BEGIN

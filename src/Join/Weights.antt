-- ===== src/Join/Weights.antt =====
-- src/delta/operators/join.cpp: the rows that a term contributes, as Z-set weights. The current
-- table of a leaf already holds its pending delta.
use openivm.Base.{ℕ, ◌/◌, ◌%◌, List, [], ◌∷◌, Bool, ◌==◌, if◌then◌else◌, length}
use openivm.Base.Int.{ℤ, pos, negsuc, ◌+ℤ◌, ◌-ℤ◌, ◌*ℤ◌}
use openivm.Join.Mask.{odd}

-- The weights of one leaf at one row: in the current table, and in the pending delta.
pub record Cell : Type 0 where
  pub now : ℤ
  pub delta : ℤ

abbrev pub old : Cell → ℤ
old c = c.now -ℤ c.delta

abbrev pub product : List ℤ → ℤ
product [] = pos 1
product (w ∷ ws) = w *ℤ product ws

abbrev pub now_of : Cell → ℤ
now_of c = c.now

unfoldable pub even : ℕ → Bool
even n = (n % 2) == 0

-- The combined multiplicity of a term: the product of the delta weights, times -1 where their
-- number is even.
unfoldable pub combined : List ℤ → ℤ
unfolding even
combined ws = let p = product ws in if even (length ws) then negsuc 0 *ℤ p else p

-- `mul_bindings`: the weight columns of the leaves that the mask replaces by their deltas.
unfoldable pub mul_weights : ℕ → List Cell → List ℤ
mul_weights mask [] = []
mul_weights mask (c ∷ cs) =
    let rest = mul_weights (mask / 2) cs in if odd mask then c.delta ∷ rest else rest

-- How often the other leaves' current tables hold the row.
unfoldable pub base_product : ℕ → List Cell → ℤ
base_product mask [] = pos 1
base_product mask (c ∷ cs) =
    let rest = base_product (mask / 2) cs in if odd mask then rest else c.now *ℤ rest

-- The weight of one joined row in the term of a mask.
unfoldable pub term_weight : List Cell → ℕ → ℤ
term_weight cs mask = combined (mul_weights mask cs) *ℤ base_product mask cs

-- UNION ALL of the terms.
unfoldable pub union_weight : List Cell → List ℕ → ℤ
union_weight cs [] = pos 0
union_weight cs (mask ∷ masks) = term_weight cs mask +ℤ union_weight cs masks
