-- ===== src/DuckLake.antt =====
-- src/delta/operators/ducklake_join.cpp: the N-term delta of a join whose leaves are all DuckLake
-- scans. Term i reads the delta of leaf i, the current version of the leaves before it and the old
-- version of those after it.
pub mod Correct
mod Tests
use openivm.Base.{
  ℕ, zero, suc, ◌≡◌, Bool, true, false, not, ◌&&◌, ◌||◌, List, [], ◌∷◌, Option, none, some, ◌==◌,
  if◌then◌else◌, map,
}
use openivm.Base.Int.{ℤ, pos, ◌+ℤ◌, ◌*ℤ◌}
use openivm.Join.Terms.{KeyProbe}
use openivm.Join.Weights.{Cell, old, product}

-- What the compiler learns of one leaf's table: its snapshots (none for a scan that has no current
-- one), whether the metadata answers that it changed, and whether the query on the insertions and
-- deletions does (none for an error or no row).
pub record SnapshotProbe : Type 0 where
  pub old_snapshot : ℕ
  pub current_snapshot : Option ℕ
  pub metadata_changes : Option Bool
  pub query_changes : Option Bool

unfoldable pub changed_by_query : Option Bool → Bool
changed_by_query none = true
changed_by_query (some changes) = changes

unfoldable pub changed_by_metadata : Option Bool → Option Bool → Bool
unfolding changed_by_query
changed_by_metadata (some changes) query = changes
changed_by_metadata none query = changed_by_query query

unfoldable pub snapshot_empty : Option ℕ → SnapshotProbe → Bool
unfolding changed_by_metadata
snapshot_empty none s = false
snapshot_empty (some current) s =
    if s.old_snapshot == current
    then true
    else not (changed_by_metadata s.metadata_changes s.query_changes)

unfoldable pub empty_table_delta : Bool → SnapshotProbe → Bool
unfolding snapshot_empty changed_by_metadata changed_by_query
empty_table_delta skip_empty s = skip_empty && snapshot_empty s.current_snapshot s

has_current : Option ℕ → Bool
has_current none = false
has_current (some current) = true

-- True as soon as one of the leaf's key probes finds no match.
unfoldable pub any_unmatched : (KeyProbe → Bool) → List KeyProbe → Bool
any_unmatched matches [] = false
any_unmatched matches (p ∷ ps) = not (matches p) || any_unmatched matches ps

-- The settings of the compilation and the answers of the EXISTS queries of `DuckLakeDeltaKeyHasMatch`.
pub record DuckLakeContext : Type 0 where
  pub skip_empty_deltas : Bool
  pub probes : ℕ → List KeyProbe
  pub key_match : ℕ → KeyProbe → Bool

-- The two tests at the head of round i.
unfoldable pub skips_term : DuckLakeContext → ℕ → SnapshotProbe → Bool
unfolding empty_table_delta has_current any_unmatched
skips_term d i s =
    empty_table_delta d.skip_empty_deltas s
    || (d.skip_empty_deltas
        && has_current s.current_snapshot
        && any_unmatched (d.key_match i) (d.probes i))

unfoldable pub ducklake_terms_from : DuckLakeContext → ℕ → List SnapshotProbe → List ℕ
ducklake_terms_from d i [] = []
ducklake_terms_from d i (s ∷ ss) =
    let rest = ducklake_terms_from d (suc i) ss in if skips_term d i s then rest else i ∷ rest

-- `BuildDuckLakeJoinTerms`: the leaves whose terms are built.
unfoldable pub build_ducklake_terms : DuckLakeContext → List SnapshotProbe → List ℕ
unfolding ducklake_terms_from
build_ducklake_terms d ss = ducklake_terms_from d 0 ss

-- The weight of a joined row in term i.
unfoldable pub ducklake_weight : List Cell → ℕ → ℤ
ducklake_weight [] i = pos 0
ducklake_weight (c ∷ cs) zero = c.delta *ℤ product (map old cs)
ducklake_weight (c ∷ cs) (suc i) = c.now *ℤ ducklake_weight cs i

unfoldable pub ducklake_union : List Cell → List ℕ → ℤ
ducklake_union cs [] = pos 0
ducklake_union cs (i ∷ is) = ducklake_weight cs i +ℤ ducklake_union cs is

END

_About this exercise_
One stretch of the lines above is wanted, from the line that contains "pub record Cell : Type 0 where" through the line that contains "let rest = mul_weights". Output it exactly.

_Answer space_
pub record Cell : Type 0 where
  pub now : ℤ
  pub delta : ℤ

abbrev pub old : Cell → ℤ
old c = c.now -ℤ c.delta

abbrev pub product : List ℤ → ℤ
product [] = pos 1
product (w ∷ ws) = w *ℤ product ws

abbrev pub now_of : Cell → ℤ
now_of c = c.now

unfoldable pub even : ℕ → Bool
even n = (n % 2) == 0

-- The combined multiplicity of a term: the product of the delta weights, times -1 where their
-- number is even.
unfoldable pub combined : List ℤ → ℤ
unfolding even
combined ws = let p = product ws in if even (length ws) then negsuc 0 *ℤ p else p

-- `mul_bindings`: the weight columns of the leaves that the mask replaces by their deltas.
unfoldable pub mul_weights : ℕ → List Cell → List ℤ
mul_weights mask [] = []
mul_weights mask (c ∷ cs) =
    let rest = mul_weights (mask / 2) cs in if odd mask then c.delta ∷ rest else rest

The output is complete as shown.